-- ===== src/Routes/Examples.antt =====
-- The handlers at concrete inputs: tests, and their theorems applied.
use mybro.KeyPool.{
  KeyEntry, KeySlot, PoolInner, from_secs, acquire, try_preferred, round_robin, is_usable,
  is_past_cooldown, mark_healthy, mark_unhealthy, cooldown_for_status, total,
}
use mybro.Prelude.{
  ltb, ◌||◌, if◌then◌else◌, ℕ, ◌/◌, ◌≤◌, ◌≡◌, ◌≢◌, refl, String, true, false, none, some, List, [],
  ◌∷◌, length, str_eq, contains, starts_with, strip_prefix, if◌then◌else◌, arith, codes,
}
use mybro.Routes.{
  UpstreamResponse, Answer, response, transport, json_body, bad_gateway, Env, Job, is_sse,
  record_stat, stream_record,
}
use mybro.Routes.Chat
use mybro.Routes.Chat.{pick_slot, delay_ms, attempts, conclude, retry_loop, settle, succeed}
use mybro.Routes.Messages.{upstream_call, counted, upstream_call-one_record}
use mybro.Routes.Retry.{retry_loop-one_record, retry_loop-retried}
use mybro.Routes.Stream.{chunks, pipe_response, on_complete, pipe_response-chunks}
use mybro.Routes.Switch.{pick_slot-mark_unhealthy}
use mybro.Routes.Trace.{records, calls, sleeps, one_record, retried}
use mybro.Stats.{RequestRecord}
use mybro.UsageParse.{no_usage, new_accumulator, extract_usage}
use mybro.UsageParse.Chunks.{concat, lines}
use mybro.UsageParse.Lines.{process_all, scan}

program : Unit {0}
unfolding retry_loop attempts conclude pick_slot delay_ms Chat.retry_status Chat.retry_transport
    Chat.pass_on Chat.wrap_json_as_sse settle succeed acquire try_preferred round_robin is_usable
    is_past_cooldown mark_healthy mark_unhealthy cooldown_for_status total is_sse contains
    starts_with strip_prefix record_stat stream_record extract_usage upstream_call pipe_response
    on_complete process_all lines scan concat
program = tt

abbrev primary : KeyEntry
primary = record {
  key = "sk-primary";
  name = "Primary";
  healthy = true;
  last_error = none;
  cooldown = from_secs 30;
}

abbrev two_keys : PoolInner
two_keys = record {
  entries = primary ∷ record primary { key = "sk-backup"; name = "Backup" } ∷ [];
  cursor = 1;
}

abbrev first_slot : KeySlot
first_slot = record { index = 0; key = "sk-primary"; name = "Primary" }

abbrev answered : UpstreamResponse
answered = record {
  status = 200;
  content_type = some "application/json";
  headers = [];
  body = some (codes "{}");
  body_after = 2_000_000;
}

-- The first key has failed for good, the other answers after half a second.
abbrev half_broken : String → ℕ → Answer × ℕ
half_broken key now =
    if str_eq key "sk-primary"
    then (response (record answered { status = 500 }), 1_000_000)
    else (response answered, 500_000_000)

abbrev with_upstream : (String → ℕ → Answer × ℕ) → Env
with_upstream upstream = record {
  upstream = upstream;
  others = λ now pool. pool;
  wall_ms = λ now. now / 1_000_000;
  from_utf8_lossy = λ bytes. "";
  from_str = λ bytes. none;
  from_slice = λ bytes. none;
}

abbrev unreachable : Env
unreachable = with_upstream (λ key now. (transport "upstream error: connection refused", 1_000_000))

abbrev job : Job
job = record { model = "coder"; is_stream = false; req_start = 0 }

-- A second call with the other key succeeds, 3 seconds later.
recovers :
    let o = retry_loop (with_upstream half_broken) job first_slot 0 two_keys in
    (o.reply ≡ json_body (codes "{}"))
    × (sleeps o.effects ≡ 3000 ∷ [])
    × (length (calls o.effects) ≡ 2)
unfolding retry_loop attempts conclude pick_slot delay_ms Chat.retry_status settle succeed acquire
    try_preferred round_robin is_usable is_past_cooldown mark_healthy mark_unhealthy
    cooldown_for_status total is_sse contains starts_with strip_prefix record_stat extract_usage
recovers = (refl, refl, refl)

-- Without a connection the loop gives up after ten calls.
gives_up :
    let o = retry_loop unreachable job first_slot 0 two_keys in
    (o.reply ≡ bad_gateway "Upstream error: upstream error: connection refused")
    × (length (calls o.effects) ≡ 10)
unfolding retry_loop attempts conclude pick_slot delay_ms Chat.retry_transport settle acquire
    try_preferred round_robin is_usable is_past_cooldown mark_unhealthy cooldown_for_status total
    record_stat
gives_up = (refl, refl)

retry_loop-one_record_example :
    let o = retry_loop unreachable job first_slot 0 two_keys in
    one_record o.reply (records o.effects) ≡ true
retry_loop-one_record_example = retry_loop-one_record unreachable job first_slot 0 two_keys

retry_loop-retried_example :
    let o = retry_loop (with_upstream half_broken) job first_slot 0 two_keys in
    (retried 1 (calls o.effects) ≡ true)
    × (1 ≤ length (calls o.effects))
    × (length (calls o.effects) ≤ 10)
retry_loop-retried_example =
    retry_loop-retried (with_upstream half_broken) job first_slot 0 two_keys

pick_slot-mark_unhealthy_example :
    (pick_slot 2 (from_secs 3) first_slot (mark_unhealthy 0 0 500 two_keys)).0.index ≢ 0
unfolding is_usable is_past_cooldown cooldown_for_status
pick_slot-mark_unhealthy_example =
    pick_slot-mark_unhealthy 2 (from_secs 3) 0 500 1 first_slot two_keys (omega arith) (omega arith)
      (omega arith) refl (omega arith)

upstream_call-one_record_example :
    let o = upstream_call unreachable job first_slot 0 two_keys in
    if counted (transport "upstream error: connection refused")
    then one_record o.reply (records o.effects) ≡ true
    else (records o.effects ≡ [])
upstream_call-one_record_example = upstream_call-one_record unreachable job first_slot 0 two_keys

abbrev begun : RequestRecord
begun = record {
  ts_ms = 7;
  duration_ms = 0;
  ttft_ms = none;
  status = 200;
  model = "coder";
  pipeline = "openai";
  key_name = "Primary";
  tokens_in = 0;
  tokens_out = 0;
  cached_tokens = 0;
  cache_creation_tokens = 0;
  cached = false;
  error = none;
}

abbrev two_chunks : List (ℕ × List ℕ)
two_chunks = (3_000_000, codes "data:") ∷ (5_000_000, codes " {}\n") ∷ []

pipe_response-chunks_example :
    pipe_response unreachable 1_000_000 0 9_000_000 false (chunks two_chunks) new_accumulator begun
    ≡ (let u =
          process_all
            (λ bytes. none)
            (λ bytes. none)
            (lines (concat (codes "data:" ∷ codes " {}\n" ∷ [])))
            no_usage in
        some (record begun {
          duration_ms = 9;
          ttft_ms = some 2;
          tokens_in = u.tokens_in;
          tokens_out = u.tokens_out;
          cached_tokens = u.cached;
          cache_creation_tokens = u.creation;
          cached = ltb 0 u.cached || ltb 0 u.creation;
        }))
pipe_response-chunks_example =
    pipe_response-chunks unreachable 1_000_000 0 9_000_000 two_chunks begun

• [How to complete this task]
From the data above, give every line again exactly as it appears.

• [Task output]
-- ===== src/Routes/Examples.antt =====
-- The handlers at concrete inputs: tests, and their theorems applied.
use mybro.KeyPool.{
  KeyEntry, KeySlot, PoolInner, from_secs, acquire, try_preferred, round_robin, is_usable,
  is_past_cooldown, mark_healthy, mark_unhealthy, cooldown_for_status, total,
}
use mybro.Prelude.{
  ltb, ◌||◌, if◌then◌else◌, ℕ, ◌/◌, ◌≤◌, ◌≡◌, ◌≢◌, refl, String, true, false, none, some, List, [],
  ◌∷◌, length, str_eq, contains, starts_with, strip_prefix, if◌then◌else◌, arith, codes,
}
use mybro.Routes.{
  UpstreamResponse, Answer, response, transport, json_body, bad_gateway, Env, Job, is_sse,
  record_stat, stream_record,
}
use mybro.Routes.Chat
use mybro.Routes.Chat.{pick_slot, delay_ms, attempts, conclude, retry_loop, settle, succeed}
use mybro.Routes.Messages.{upstream_call, counted, upstream_call-one_record}
use mybro.Routes.Retry.{retry_loop-one_record, retry_loop-retried}
use mybro.Routes.Stream.{chunks, pipe_response, on_complete, pipe_response-chunks}
use mybro.Routes.Switch.{pick_slot-mark_unhealthy}
use mybro.Routes.Trace.{records, calls, sleeps, one_record, retried}
use mybro.Stats.{RequestRecord}
use mybro.UsageParse.{no_usage, new_accumulator, extract_usage}
use mybro.UsageParse.Chunks.{concat, lines}
use mybro.UsageParse.Lines.{process_all, scan}

program : Unit {0}
unfolding retry_loop attempts conclude pick_slot delay_ms Chat.retry_status Chat.retry_transport
    Chat.pass_on Chat.wrap_json_as_sse settle succeed acquire try_preferred round_robin is_usable
    is_past_cooldown mark_healthy mark_unhealthy cooldown_for_status total is_sse contains
    starts_with strip_prefix record_stat stream_record extract_usage upstream_call pipe_response
    on_complete process_all lines scan concat
program = tt

abbrev primary : KeyEntry
primary = record {
  key = "sk-primary";
  name = "Primary";
  healthy = true;
  last_error = none;
  cooldown = from_secs 30;
}

abbrev two_keys : PoolInner
two_keys = record {
  entries = primary ∷ record primary { key = "sk-backup"; name = "Backup" } ∷ [];
  cursor = 1;
}

abbrev first_slot : KeySlot
first_slot = record { index = 0; key = "sk-primary"; name = "Primary" }

abbrev answered : UpstreamResponse
answered = record {
  status = 200;
  content_type = some "application/json";
  headers = [];
  body = some (codes "{}");
  body_after = 2_000_000;
}

-- The first key has failed for good, the other answers after half a second.
abbrev half_broken : String → ℕ → Answer × ℕ
half_broken key now =
    if str_eq key "sk-primary"
    then (response (record answered { status = 500 }), 1_000_000)
    else (response answered, 500_000_000)

abbrev with_upstream : (String → ℕ → Answer × ℕ) → Env
with_upstream upstream = record {
  upstream = upstream;
  others = λ now pool. pool;
  wall_ms = λ now. now / 1_000_000;
  from_utf8_lossy = λ bytes. "";
  from_str = λ bytes. none;
  from_slice = λ bytes. none;
}

abbrev unreachable : Env
unreachable = with_upstream (λ key now. (transport "upstream error: connection refused", 1_000_000))

abbrev job : Job
job = record { model = "coder"; is_stream = false; req_start = 0 }

-- A second call with the other key succeeds, 3 seconds later.
recovers :
    let o = retry_loop (with_upstream half_broken) job first_slot 0 two_keys in
    (o.reply ≡ json_body (codes "{}"))
    × (sleeps o.effects ≡ 3000 ∷ [])
    × (length (calls o.effects) ≡ 2)
unfolding retry_loop attempts conclude pick_slot delay_ms Chat.retry_status settle succeed acquire
    try_preferred round_robin is_usable is_past_cooldown mark_healthy mark_unhealthy
    cooldown_for_status total is_sse contains starts_with strip_prefix record_stat extract_usage
recovers = (refl, refl, refl)

-- Without a connection the loop gives up after ten calls.
gives_up :
    let o = retry_loop unreachable job first_slot 0 two_keys in
    (o.reply ≡ bad_gateway "Upstream error: upstream error: connection refused")
    × (length (calls o.effects) ≡ 10)
unfolding retry_loop attempts conclude pick_slot delay_ms Chat.retry_transport settle acquire
    try_preferred round_robin is_usable is_past_cooldown mark_unhealthy cooldown_for_status total
    record_stat
gives_up = (refl, refl)

retry_loop-one_record_example :
    let o = retry_loop unreachable job first_slot 0 two_keys in
    one_record o.reply (records o.effects) ≡ true
retry_loop-one_record_example = retry_loop-one_record unreachable job first_slot 0 two_keys

retry_loop-retried_example :
    let o = retry_loop (with_upstream half_broken) job first_slot 0 two_keys in
    (retried 1 (calls o.effects) ≡ true)
    × (1 ≤ length (calls o.effects))
    × (length (calls o.effects) ≤ 10)
retry_loop-retried_example =
    retry_loop-retried (with_upstream half_broken) job first_slot 0 two_keys

pick_slot-mark_unhealthy_example :
    (pick_slot 2 (from_secs 3) first_slot (mark_unhealthy 0 0 500 two_keys)).0.index ≢ 0
unfolding is_usable is_past_cooldown cooldown_for_status
pick_slot-mark_unhealthy_example =
    pick_slot-mark_unhealthy 2 (from_secs 3) 0 500 1 first_slot two_keys (omega arith) (omega arith)
      (omega arith) refl (omega arith)

upstream_call-one_record_example :
    let o = upstream_call unreachable job first_slot 0 two_keys in
    if counted (transport "upstream error: connection refused")
    then one_record o.reply (records o.effects) ≡ true
    else (records o.effects ≡ [])
upstream_call-one_record_example = upstream_call-one_record unreachable job first_slot 0 two_keys

abbrev begun : RequestRecord
begun = record {
  ts_ms = 7;
  duration_ms = 0;
  ttft_ms = none;
  status = 200;
  model = "coder";
  pipeline = "openai";
  key_name = "Primary";
  tokens_in = 0;
  tokens_out = 0;
  cached_tokens = 0;
  cache_creation_tokens = 0;
  cached = false;
  error = none;
}

abbrev two_chunks : List (ℕ × List ℕ)
two_chunks = (3_000_000, codes "data:") ∷ (5_000_000, codes " {}\n") ∷ []

pipe_response-chunks_example :
    pipe_response unreachable 1_000_000 0 9_000_000 false (chunks two_chunks) new_accumulator begun
    ≡ (let u =
          process_all
            (λ bytes. none)
            (λ bytes. none)
            (lines (concat (codes "data:" ∷ codes " {}\n" ∷ [])))
            no_usage in
        some (record begun {
          duration_ms = 9;
          ttft_ms = some 2;
          tokens_in = u.tokens_in;
          tokens_out = u.tokens_out;
          cached_tokens = u.cached;
          cache_creation_tokens = u.creation;
          cached = ltb 0 u.cached || ltb 0 u.creation;
        }))
pipe_response-chunks_example =
    pipe_response-chunks unreachable 1_000_000 0 9_000_000 two_chunks begun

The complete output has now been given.